The Chosun Journal or ChosunJournal.com was an independent, non-profit website based in New York that networked communities for human rights in North Korea. It was started in February 2001 by three Christian Korean Americans (Editor Edward Kim, Jeff Park, and Jay Lee[1]) and purported to be North Korea's first virtual holocaust museum set in real-time.
In addition to serving as a portal to the latest news related to North Korean human rights, the journal networked[2] rescuers, refugees, defectors, government officials, intelligentsia, and the media to bring further momentum to the North Korean human rights movement. It had been a resource for academic journals[3] and bestselling books like Natan Sharansky’s The Case for Democracy.
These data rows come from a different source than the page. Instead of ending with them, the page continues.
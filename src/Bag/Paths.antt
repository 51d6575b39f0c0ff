-- ===== src/Bag/Paths.antt =====
-- src/rosbag_v2_writer.cpp: the names of a bag, its partial file and its quarantine, and the test of
-- the path that the user gives.
pub mod Safety
use mrp_robo_baton_4p_no_ros.Base.{
  ℕ, suc, ◌+◌, ◌-◌, ◌<◌, Bool, true, false, ◌&&◌, ◌||◌, not, List, [], ◌∷◌, ◌++◌, length, take,
  drop, ltb, leb, ◌==◌, bytes_eq, if◌then◌else◌,
}
use mrp_robo_baton_4p_no_ros.Base.Bytes.{codes}
use mrp_robo_baton_4p_no_ros.Base.Errors.{invalid_argument, Result, ok, ◌>>=◌, ◌>>◌, throw_if}
use mrp_robo_baton_4p_no_ros.Bag.Writer.Messages.{is_absolute, contains}

abbrev pub bag_suffix : List ℕ
bag_suffix = codes ".bag"

-- `text.compare(text.size() - n, n, suffix) == 0`, for the length n of the suffix.
abbrev pub ends_with : List ℕ → List ℕ → Bool
ends_with suffix text = bytes_eq (drop (length text - length suffix) text) suffix

abbrev pub is_unsafe : ℕ → Bool
is_unsafe c = ltb c 0x21 || ltb 0x7e c || c == 92

unfoldable pub has_unsafe : List ℕ → Bool
has_unsafe [] = false
has_unsafe (c ∷ cs) = is_unsafe c || has_unsafe cs

unfoldable pub require_safe_final_bag_path : List ℕ → Result (Unit {0})
require_safe_final_bag_path final_path = do
  throw_if (not (is_absolute final_path)) (invalid_argument "--record-bag path must be absolute")
  throw_if (ltb (length final_path) 5 || not (ends_with bag_suffix final_path))
      (invalid_argument "--record-bag path must end with .bag")
  throw_if
      (contains (codes "/../") final_path
        || leb 3 (length final_path) && ends_with (codes "/..") final_path)
      (invalid_argument "--record-bag path is unsafe")
  throw_if (has_unsafe final_path)
      (invalid_argument "--record-bag path contains an unsafe character")

-- A finished component is kept unless it is empty.
abbrev pub push_component : List ℕ → List (List ℕ) → List (List ℕ)
push_component [] rest = rest
push_component (c ∷ cs) rest = (c ∷ cs) ∷ rest

-- The text behind the cursor, with the bytes of the component since the last slash.
unfoldable pub split_loop : List ℕ → List ℕ → List (List ℕ)
split_loop component [] = push_component component []
split_loop component (c ∷ cs) =
    let next = split_loop [] cs in
    let longer = split_loop (component ++ c ∷ []) cs in
    if c == b'/' then push_component component next else longer

-- The first byte is skipped: it is the slash of an absolute path.
unfoldable pub split_absolute_path : List ℕ → List (List ℕ)
split_absolute_path path = split_loop [] (drop 1 path)

abbrev with_suffix : List ℕ → List ℕ → List ℕ
with_suffix name suffix =
    if ltb 4 (length name) && ends_with bag_suffix name
    then take (length name - 4) name ++ suffix
    else name ++ suffix

unfoldable pub partial_name : List ℕ → List ℕ
partial_name final_name = with_suffix final_name (codes ".partial.bag")

unfoldable pub quarantine_name : List ℕ → List ℕ → List ℕ
quarantine_name session_uuid target_name =
    with_suffix target_name (codes ".quarantine-" ++ (session_uuid ++ bag_suffix))
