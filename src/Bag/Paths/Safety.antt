-- ===== src/Bag/Paths/Safety.antt =====
-- What the test of a bag's path lets through, and what the names derived from it are.
use mrp_robo_baton_4p_no_ros.Base.{
  ℕ, ◌-◌, ◌<◌, ◌≤◌, ◌≡◌, ap₂, inl, inr, Bool-cases, bytes_eq_refl, length-append, ◌≢◌, ◌↔◌, refl,
  sym, ap, ◌∙◌, Bool, true, false, ◌&&◌, ◌||◌, not, List, [], ◌∷◌, ◌++◌, All, length, take, drop,
  take-append-drop, ltb, leb, ◌==◌, bytes_eq, bytes_eq_sound, if◌then◌else◌, arith,
}
use mrp_robo_baton_4p_no_ros.Base.Bytes.{codes}
use mrp_robo_baton_4p_no_ros.Base.Errors.{invalid_argument, ok, ◌>>=◌, throw_if}
use mrp_robo_baton_4p_no_ros.Bag.Writer.Messages.{is_absolute, contains, starts_with}
use mrp_robo_baton_4p_no_ros.Bag.Paths.{
  ends_with, bag_suffix, has_unsafe, require_safe_final_bag_path, split_loop, split_absolute_path,
  push_component, partial_name, quarantine_name,
}

clash : true ≡ false → ⊥
clash h = cc

-- Printable, and no blank or backslash.
abbrev pub IsSafe : ℕ → Type 0
IsSafe c = (0x21 ≤ c) × (c ≤ 0x7e) × (c ≢ 92)

has_unsafe_iff : (text : List ℕ) → (has_unsafe text ≡ false) ↔ All IsSafe text
unfolding has_unsafe
has_unsafe_iff [] = ((λ e. tt), (λ e. refl))
has_unsafe_iff (c ∷ cs) =
    let (sound, complete) = has_unsafe_iff cs in
    (
      (λ e. ((ground arith, ground arith, λ b. ground arith), sound (ground arith))),
      λ e. ground (arith, complete e.1),
    )

guards_pass :
    (absolute short named up last unsafe : Bool)
    → ((throw_if (not absolute) (invalid_argument "--record-bag path must be absolute") >>= λ _.
          throw_if (short || not named) (invalid_argument "--record-bag path must end with .bag")
          >>= λ _. throw_if (up || last) (invalid_argument "--record-bag path is unsafe") >>= λ _.
              throw_if unsafe (invalid_argument "--record-bag path contains an unsafe character"))
        ≡ ok tt)
      ↔ ((absolute ≡ true)
          × (short ≡ false)
          × (named ≡ true)
          × (up ≡ false)
          × (last ≡ false)
          × (unsafe ≡ false))
guards_pass absolute short named up last unsafe = ground arith

ltb-false_iff : (a b : ℕ) → (ltb a b ≡ false) ↔ (b ≤ a)
ltb-false_iff a b = ground arith

starts_with_iff :
    (part text : List ℕ)
    → (starts_with part text ≡ true) ↔ ((rest : List ℕ) × (text ≡ part ++ rest))
starts_with_iff [] text = ((λ e. (text, refl)), (λ e. refl))
starts_with_iff (p ∷ ps) [] = ((λ e. cc), (λ v. cc))
starts_with_iff (p ∷ ps) (c ∷ cs) =
    let (sound, complete) = starts_with_iff ps cs in
    (
      (λ e.
          let same : p ≡ c = ground arith in
          let (rest, rests) = sound (ground arith) in
          (rest, ap₂ (λ x xs. x ∷ xs) (sym same) rests)),
      (λ v.
          let (rest, e) = v in
          let same : c ≡ p = cc in
          let later : starts_with ps cs ≡ true = complete (rest, cc) in ground arith),
    )

contains_sound :
    (part text : List ℕ)
    → contains part text ≡ true
    → (a : List ℕ) × (b : List ℕ) × (text ≡ a ++ (part ++ b))
contains_sound part [] e = let (rest, same) = (starts_with_iff part []).0 e in ([], rest, same)
contains_sound part (c ∷ cs) e = elim (Bool-cases (starts_with part (c ∷ cs))) [
  | inl here ↦ let (rest, same) = (starts_with_iff part (c ∷ cs)).0 here in ([], rest, same)
  | inr later_on ↦
      let later : contains part cs ≡ true = ground arith in
      let (a, b, same) = contains_sound part cs later in
      (c ∷ a, b, ap (λ (xs : List ℕ). c ∷ xs) same)
]

contains_complete : (part a b : List ℕ) → contains part (a ++ (part ++ b)) ≡ true
contains_complete part [] b = here (part ++ b) ((starts_with_iff part (part ++ b)).1 (b, refl))
  where
    here : (text : List ℕ) → starts_with part text ≡ true → contains part text ≡ true
    here [] e = e
    here (c ∷ cs) e = ground arith
contains_complete part (c ∷ a) b = ground (arith, contains_complete part a b)

contains_iff :
    (part text : List ℕ)
    → (contains part text ≡ false) ↔ (¬ ((a : List ℕ) × (b : List ℕ) × (text ≡ a ++ (part ++ b))))
contains_iff part text = (
  (λ absent v.
      let (a, b, e) = v in
      clash (sym (contains_complete part a b) ∙ ap (contains part) (sym e) ∙ absent)),
  (λ free. elim (Bool-cases (contains part text)) [
    | inl there ↦ absurd (free (contains_sound part text there))
    | inr absent ↦ absent
  ]),
)

drop-length : (a b : List ℕ) → drop (length (a ++ b) - length b) (a ++ b) ≡ b
drop-length a b =
    let size : length (a ++ b) - length b ≡ length a = omega (arith, length-append a b) in
    ap (λ n. drop n (a ++ b)) size ∙ go a
  where
    go : (a : List ℕ) → drop (length a) (a ++ b) ≡ b
    go [] = refl
    go (x ∷ a) = go a

ends_with_sound :
    (suffix text : List ℕ) → ends_with suffix text ≡ true → (a : List ℕ) × (text ≡ a ++ suffix)
ends_with_sound suffix text e =
    let n = length text - length suffix in
    (
      take n text,
      sym (take-append-drop n text)
          ∙ ap (λ l. take n text ++ l) (bytes_eq_sound (drop n text) suffix e),
    )

ends_with_complete : (suffix text a : List ℕ) → text ≡ a ++ suffix → ends_with suffix text ≡ true
ends_with_complete suffix text a e =
    ap (ends_with suffix) e
    ∙ ap (λ xs. bytes_eq xs suffix) (drop-length a suffix)
    ∙ bytes_eq_refl suffix

is_absolute_iff :
    (path : List ℕ) → (is_absolute path ≡ true) ↔ ((rest : List ℕ) × (path ≡ b'/' ∷ rest))
is_absolute_iff [] = ((λ h. cc), (λ v. cc))
is_absolute_iff (c ∷ cs) = (
  (λ h. let slash : c ≡ b'/' = ground arith in (cs, ap (λ x. x ∷ cs) slash)),
  (λ v. let slash : c ≡ b'/' = cc in ground arith),
)

-- `.bag` behind at least one byte.
named_iff :
    (path : List ℕ)
    → ((5 ≤ length path) × (ends_with bag_suffix path ≡ true))
      ↔ ((stem : List ℕ) × (path ≡ stem ++ codes ".bag") × (0 < length stem))
named_iff path = (
  (λ facts.
      let (long, named) = facts in
      let (a, e) = ends_with_sound bag_suffix path named in
      (a, e, omega (arith, ap length e, length-append a bag_suffix))),
  (λ v.
      let (a, e, some_bytes) = v in
      (
        omega (arith, ap length e, length-append a bag_suffix),
        ends_with_complete bag_suffix path a e,
      )),
)

last_up_iff :
    (path : List ℕ)
    → ((leb 3 (length path) && ends_with (codes "/..") path) ≡ false)
      ↔ (¬ ((a : List ℕ) × (path ≡ a ++ codes "/..")))
last_up_iff path = (
  (λ absent v.
      let (a, e) = v in
      let named : ends_with (codes "/..") path ≡ true = ends_with_complete (codes "/..") path a e in
      let long : 3 ≤ length path = omega (arith, ap length e, length-append a (codes "/..")) in
      clash (sym (three (length path) (ends_with (codes "/..") path) long named) ∙ absent)),
  (λ free. elim (Bool-cases (ends_with (codes "/..") path)) [
    | inl there ↦ absurd (free (ends_with_sound (codes "/..") path there))
    | inr absent ↦ never (leb 3 (length path)) (ends_with (codes "/..") path) absent
  ]),
)
  where
    three : (n : ℕ) (b : Bool) → 3 ≤ n → b ≡ true → (leb 3 n && b) ≡ true
    three n b h e = ground arith

    never : (a b : Bool) → b ≡ false → (a && b) ≡ false
    never a b e = ground arith

-- A path passes exactly when it begins with a slash, has `.bag` behind at least one byte, has `/../`
-- nowhere in it and no `/..` at its end, and has only printable characters without a blank or a
-- backslash.
pub require_safe_final_bag_path_iff :
    (path : List ℕ)
    → (require_safe_final_bag_path path ≡ ok tt) ↔ (
        ((rest : List ℕ) × (path ≡ b'/' ∷ rest))
        × ((stem : List ℕ) × (path ≡ stem ++ codes ".bag") × (0 < length stem))
        × (¬ ((a : List ℕ) × (b : List ℕ) × (path ≡ a ++ (codes "/../" ++ b))))
        × (¬ ((a : List ℕ) × (path ≡ a ++ codes "/..")))
        × All IsSafe path)
unfolding require_safe_final_bag_path
require_safe_final_bag_path_iff path =
    let (sound, complete) =
      guards_pass (is_absolute path) (ltb (length path) 5) (ends_with bag_suffix path)
        (contains (codes "/../") path) (leb 3 (length path) && ends_with (codes "/..") path)
        (has_unsafe path) in
    let (long, long') = ltb-false_iff (length path) 5 in
    let (safe, safe') = has_unsafe_iff path in
    let (slash, slash') = is_absolute_iff path in
    let (named, named') = named_iff path in
    let (up, up') = contains_iff (codes "/../") path in
    let (last, last') = last_up_iff path in
    (
      (λ e. let (a, s, n, u, l, h) = sound e in (slash a, named (long s, n), up u, last l, safe h)),
      λ facts.
          let (a, n, u, l, h) = facts in
          let (s, e) = named' n in complete (slash' a, long' s, e, up' u, last' l, safe' h),
    )

-- A component of a path: not empty, and no slash in it.
abbrev pub IsComponent : List ℕ → Type 0
IsComponent component = (component ≢ []) × All (λ c. c ≢ b'/') component

All-append : (P : ℕ → Type 0) (xs : List ℕ) (x : ℕ) → All P xs → P x → All P (xs ++ x ∷ [])
All-append P [] x h p = (p, tt)
All-append P (y ∷ ys) x (h, hs) p = (h, All-append P ys x hs p)

split_loop-IsComponent :
    (component text : List ℕ)
    → All (λ c. c ≢ b'/') component
    → All IsComponent (split_loop component text)
unfolding split_loop
split_loop-IsComponent [] [] h = tt
split_loop-IsComponent (c ∷ cs) [] h = (((λ e. cc), h), tt)
split_loop-IsComponent component (c ∷ cs) h =
    choose (c == b'/') _ _
      (λ e. push component (split_loop [] cs) h (split_loop-IsComponent [] cs tt))
      (λ e.
        split_loop-IsComponent (component ++ c ∷ []) cs
          (All-append (λ c. c ≢ b'/') component c h (ground arith)))
  where
    choose :
        (b : Bool) (xs ys : List (List ℕ))
        → (b ≡ true → All IsComponent xs)
        → (b ≡ false → All IsComponent ys)
        → All IsComponent (if b then xs else ys)
    choose true xs ys yes_case no_case = yes_case refl
    choose false xs ys yes_case no_case = no_case refl

    push :
        (component : List ℕ) (rest : List (List ℕ))
        → All (λ c. c ≢ b'/') component
        → All IsComponent rest
        → All IsComponent (push_component component rest)
    push [] rest h hs = hs
    push (c ∷ cs) rest h hs = (((λ e. cc), h), hs)

-- Every component that a path is split into is not empty and has no slash, so that each is one step
-- down from the root.
pub split_absolute_path-IsComponent : (path : List ℕ) → All IsComponent (split_absolute_path path)
unfolding split_absolute_path
split_absolute_path-IsComponent path = split_loop-IsComponent [] (drop 1 path) tt

bytes_eq_eq : (xs ys : List ℕ) → bytes_eq xs ys ≡ true → xs ≡ ys
bytes_eq_eq xs ys e = bytes_eq_sound xs ys e

stem :
    (name : List ℕ)
    → ends_with bag_suffix name ≡ true
    → take (length name - 4) name ++ bag_suffix ≡ name
stem name e =
    ap (λ l. take (length name - 4) name ++ l) (sym (bytes_eq_eq _ _ e))
    ∙ take-append-drop (length name - 4) name

both : (n : ℕ) (b : Bool) → 5 ≤ n → b ≡ true → (ltb 4 n && b) ≡ true
both n b h e = ground arith

-- For a final name of a stem and `.bag`, the partial file is the stem and `.partial.bag` and the
-- quarantine the stem, the session's id and `.bag`.
pub partial_name-quarantine_name :
    (name session_uuid : List ℕ)
    → 5 ≤ length name
    → ends_with bag_suffix name ≡ true
    → (stem : List ℕ) × (name ≡ stem ++ bag_suffix)
      × (partial_name name ≡ stem ++ codes ".partial.bag")
      × (quarantine_name session_uuid name
          ≡ stem ++ (codes ".quarantine-" ++ (session_uuid ++ bag_suffix)))
unfolding partial_name quarantine_name
partial_name-quarantine_name name session_uuid h e = (
  take (length name - 4) name,
  sym (stem name e),
  ap
      (λ b.
        if b
        then take (length name - 4) name ++ codes ".partial.bag"
        else name ++ codes ".partial.bag")
      named,
  ap (λ b. if b then take (length name - 4) name ++ suffix else name ++ suffix) named,
)
  where
    suffix : List ℕ
    suffix = codes ".quarantine-" ++ (session_uuid ++ bag_suffix)

    named : (ltb 4 (length name) && ends_with bag_suffix name) ≡ true
    named = both (length name) (ends_with bag_suffix name) h e
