-- ===== src/Bag/Staging.antt =====
-- src/rosbag_v2_writer.cpp: the files that a writer holds while it writes, and their release. A file
-- descriptor is `none` when it is -1. What the kernel answers to the calls of `unlinkat` and `close`
-- is given; a failure carries the text of its error number.
pub mod Release
use mrp_robo_baton_4p_no_ros.Base.{
  ℕ, Bool, true, false, ◌&&◌, not, Option, none, some, List, [], ◌∷◌, ◌++◌, if◌then◌else◌,
}
use mrp_robo_baton_4p_no_ros.Base.Bytes.{codes}
use mrp_robo_baton_4p_no_ros.Bag.Meter.{Meter, publish_pending_stats}

pub record AbortResult : Type 0 where
  pub cleanup_complete : Bool
  pub error : List ℕ

abbrev pub is_empty_text : List ℕ → Bool
is_empty_text [] = true
is_empty_text (c ∷ cs) = false

-- An empty message adds nothing, and a second one follows a semicolon.
unfoldable pub append_cleanup_error : List ℕ → List ℕ → List ℕ
append_cleanup_error target message =
    if is_empty_text message
    then target
    else if is_empty_text target
    then message
    else target ++ (codes "; " ++ message)

unfoldable pub mark_cleanup_error : AbortResult → List ℕ → AbortResult
mark_cleanup_error result message = record {
  cleanup_complete = false;
  error = append_cleanup_error result.error message;
}

unfoldable pub errno_message : List ℕ → List ℕ → List ℕ
errno_message prefix text = prefix ++ (codes ": " ++ text)

-- `absent` is ENOENT.
pub data UnlinkAnswer : Type 0 where
  unlinked absent : UnlinkAnswer
  unlink_failed : List ℕ → UnlinkAnswer

pub data CloseAnswer : Type 0 where
  closed : CloseAnswer
  close_failed : List ℕ → CloseAnswer

-- The answers to the five calls of a release.
pub record Answers : Type 0 where
  pub unlink_temp : UnlinkAnswer
  pub close_lock : CloseAnswer
  pub close_temp : CloseAnswer
  pub unlink_lock : UnlinkAnswer
  pub close_parent : CloseAnswer

pub record Staging : Type 0 where
  pub parent_dir_fd : Option ℕ
  pub lock_fd : Option ℕ
  pub temp_fd : Option ℕ
  pub temp_path : List ℕ
  pub temp_name : List ℕ
  pub lock_path : List ℕ
  pub lock_name : List ℕ
  pub final_name : List ℕ

abbrev pub is_held : Option ℕ → Bool
is_held none = false
is_held (some fd) = true

unfoldable pub note_unlink : Bool → UnlinkAnswer → List ℕ → AbortResult → AbortResult
note_unlink true (unlink_failed text) prefix result =
    mark_cleanup_error result (errno_message prefix text)
note_unlink true unlinked prefix result = result
note_unlink true absent prefix result = result
note_unlink false answer prefix result = result

unfoldable pub note_close : Bool → CloseAnswer → List ℕ → AbortResult → AbortResult
note_close true (close_failed text) prefix result =
    mark_cleanup_error result (errno_message prefix text)
note_close true closed prefix result = result
note_close false answer prefix result = result

abbrev pub nothing_held : Staging
nothing_held = record {
  parent_dir_fd = none;
  lock_fd = none;
  temp_fd = none;
  temp_path = [];
  temp_name = [];
  lock_path = [];
  lock_name = [];
  final_name = [];
}

abbrev pub clean_result : AbortResult
clean_result = record { cleanup_complete = true; error = [] }

-- Each call is made only for what is held; no failure keeps the later calls from being made.
unfoldable pub release_staging_files : Answers → Staging → AbortResult × Staging
release_staging_files answers s =
    let r₁ =
      note_unlink (is_held parent_dir_fd && not (is_empty_text temp_name)) answers.unlink_temp
        (codes "unlink temporary bag failed") clean_result in
    let r₂ = note_close (is_held lock_fd) answers.close_lock (codes "close bag lock failed") r₁ in
    let r₃ =
      note_close (is_held temp_fd) answers.close_temp (codes "close temporary bag fd failed") r₂ in
    let r₄ =
      note_unlink (is_held parent_dir_fd && not (is_empty_text lock_name)) answers.unlink_lock
        (codes "unlink bag lock failed") r₃ in
    let r₅ =
      note_close (is_held parent_dir_fd) answers.close_parent
        (codes "close bag parent directory failed") r₄ in
    (r₅, nothing_held)
  where
    open s use {parent_dir_fd, lock_fd, temp_fd, temp_name, lock_name}

-- The result of the release is copied, and the statistics are published at `publish_ns`.
unfoldable pub abort : Answers → ℕ → Staging × Meter → AbortResult × Staging × Meter
abort answers publish_ns (s, meter) =
    let (staging, s') = release_staging_files answers s in
    let result =
      if staging.cleanup_complete
      then clean_result
      else record { cleanup_complete = false; error = append_cleanup_error [] staging.error } in
    (result, s', publish_pending_stats publish_ns meter)
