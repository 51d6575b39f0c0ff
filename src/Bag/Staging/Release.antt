-- ===== src/Bag/Staging/Release.antt =====
-- What a release of the staging files reports.
use mrp_robo_baton_4p_no_ros.Base.{
  ℕ, ◌≡◌, ◌≢◌, ◌↔◌, refl, Bool, true, false, ◌&&◌, not, List, [], ◌∷◌, ◌++◌,
}
use mrp_robo_baton_4p_no_ros.Base.Bytes.{codes}
use mrp_robo_baton_4p_no_ros.Bag.Staging.{
  AbortResult, is_empty_text, append_cleanup_error, mark_cleanup_error, errno_message, UnlinkAnswer,
  unlinked, absent, unlink_failed, CloseAnswer, closed, close_failed, Answers, Staging, is_held,
  note_unlink, note_close, nothing_held, clean_result, release_staging_files,
}

-- The report is clean and has no text, or it is not and has one.
abbrev pub IsReport : AbortResult → Type 0
IsReport r = (r.cleanup_complete ≡ true) ↔ (r.error ≡ [])

-- The call was not made, or it worked; for an unlink, also where there was no such file.
abbrev pub UnlinkWent : Bool → UnlinkAnswer → Type 0
UnlinkWent true (unlink_failed text) = ⊥
UnlinkWent true unlinked = Unit {0}
UnlinkWent true absent = Unit {0}
UnlinkWent false answer = Unit {0}

abbrev pub CloseWent : Bool → CloseAnswer → Type 0
CloseWent true (close_failed text) = ⊥
CloseWent true closed = Unit {0}
CloseWent false answer = Unit {0}

append_cleanup_error-nonempty :
    (target : List ℕ) (c : ℕ) (cs : List ℕ) → append_cleanup_error target (c ∷ cs) ≢ []
unfolding append_cleanup_error
append_cleanup_error-nonempty [] c cs e = cc
append_cleanup_error-nonempty (x ∷ xs) c cs e = cc

mark-IsReport :
    (r : AbortResult) (c : ℕ) (cs text : List ℕ)
    → IsReport (mark_cleanup_error r (errno_message (c ∷ cs) text))
unfolding mark_cleanup_error errno_message
mark-IsReport r c cs text = (
  (λ e. cc),
  (λ e. absurd (append_cleanup_error-nonempty r.error c (cs ++ (codes ": " ++ text)) e)),
)

-- A report behind a call: it says that all went well when it did so before and the call went well.
abbrev Notes : AbortResult → AbortResult → Type 0 → Type 0
Notes before after went =
    IsReport after × ((after.cleanup_complete ≡ true) ↔ ((before.cleanup_complete ≡ true) × went))

note_unlink-Notes :
    (held : Bool) (answer : UnlinkAnswer) (c : ℕ) (cs : List ℕ) (r : AbortResult)
    → IsReport r
    → Notes r (note_unlink held answer (c ∷ cs) r) (UnlinkWent held answer)
unfolding note_unlink mark_cleanup_error
note_unlink-Notes true (unlink_failed text) c cs r h =
    (mark-IsReport r c cs text, ((λ e. cc), (λ went. absurd went.1)))
note_unlink-Notes true unlinked c cs r h = (h, ((λ e. (e, tt)), (λ went. went.0)))
note_unlink-Notes true absent c cs r h = (h, ((λ e. (e, tt)), (λ went. went.0)))
note_unlink-Notes false answer c cs r h = (h, ((λ e. (e, tt)), (λ went. went.0)))

note_close-Notes :
    (held : Bool) (answer : CloseAnswer) (c : ℕ) (cs : List ℕ) (r : AbortResult)
    → IsReport r
    → Notes r (note_close held answer (c ∷ cs) r) (CloseWent held answer)
unfolding note_close mark_cleanup_error
note_close-Notes true (close_failed text) c cs r h =
    (mark-IsReport r c cs text, ((λ e. cc), (λ went. absurd went.1)))
note_close-Notes true closed c cs r h = (h, ((λ e. (e, tt)), (λ went. went.0)))
note_close-Notes false answer c cs r h = (h, ((λ e. (e, tt)), (λ went. went.0)))

-- The five calls of a release, those that it makes, all went well.
abbrev pub AllWent : Answers → Staging → Type 0
AllWent a s =
    UnlinkWent (is_held s.parent_dir_fd && not (is_empty_text s.temp_name)) a.unlink_temp
    × CloseWent (is_held s.lock_fd) a.close_lock
    × CloseWent (is_held s.temp_fd) a.close_temp
    × UnlinkWent (is_held s.parent_dir_fd && not (is_empty_text s.lock_name)) a.unlink_lock
    × CloseWent (is_held s.parent_dir_fd) a.close_parent

-- Whatever the kernel answers, a release leaves nothing held and no name set. It reports a complete
-- cleanup exactly when every call that it made went well, a missing file counted as unlinked, and
-- gives an error text exactly when the cleanup is not complete.
pub release_staging_files_lem :
    (a : Answers) (s : Staging)
    → ((release_staging_files a s).1 ≡ nothing_held)
      × IsReport (release_staging_files a s).0
      × (((release_staging_files a s).0.cleanup_complete ≡ true) ↔ AllWent a s)
unfolding release_staging_files
release_staging_files_lem a s =
    let temp = is_held s.parent_dir_fd && not (is_empty_text s.temp_name) in
    let lock = is_held s.parent_dir_fd && not (is_empty_text s.lock_name) in
    let (v₁, n₁) =
      note_unlink-Notes temp a.unlink_temp _ _ clean_result ((λ e. refl), (λ e. refl)) in
    let (v₂, n₂) = note_close-Notes (is_held s.lock_fd) a.close_lock _ _ _ v₁ in
    let (v₃, n₃) = note_close-Notes (is_held s.temp_fd) a.close_temp _ _ _ v₂ in
    let (v₄, n₄) = note_unlink-Notes lock a.unlink_lock _ _ _ v₃ in
    let (v₅, n₅) = note_close-Notes (is_held s.parent_dir_fd) a.close_parent _ _ _ v₄ in
    (
      refl,
      v₅,
      (
        (λ e.
            let (e₄, w₅) = n₅.0 e in
            let (e₃, w₄) = n₄.0 e₄ in
            let (e₂, w₃) = n₃.0 e₃ in
            let (e₁, w₂) = n₂.0 e₂ in let (e₀, w₁) = n₁.0 e₁ in (w₁, w₂, w₃, w₄, w₅)),
        λ w.
            let (w₁, w₂, w₃, w₄, w₅) = w in
            n₅.1 (n₄.1 (n₃.1 (n₂.1 (n₁.1 (refl, w₁), w₂), w₃), w₄), w₅),
      ),
    )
The Journal was premised on the belief that the more people know about the human rights atrocities happening in North Korea, the more pressure the world will bring to bear on the Stalinist regime, resulting in less leeway for the regime to continue abusing the 21 million North Korean people with impunity. It had hosted survivors of North Korean concentration camps to share their testimonies at U.S. college campuses and churches, and was also reportedly behind the asylum of four North Korean refugees[4] via an underground railroad.[5]
Other journal activities involved lobbying government bodies to pass bills that assist persecuted North Korean refugees hiding in China, and petitioning officials to grant leniency to those that are caught seeking asylum.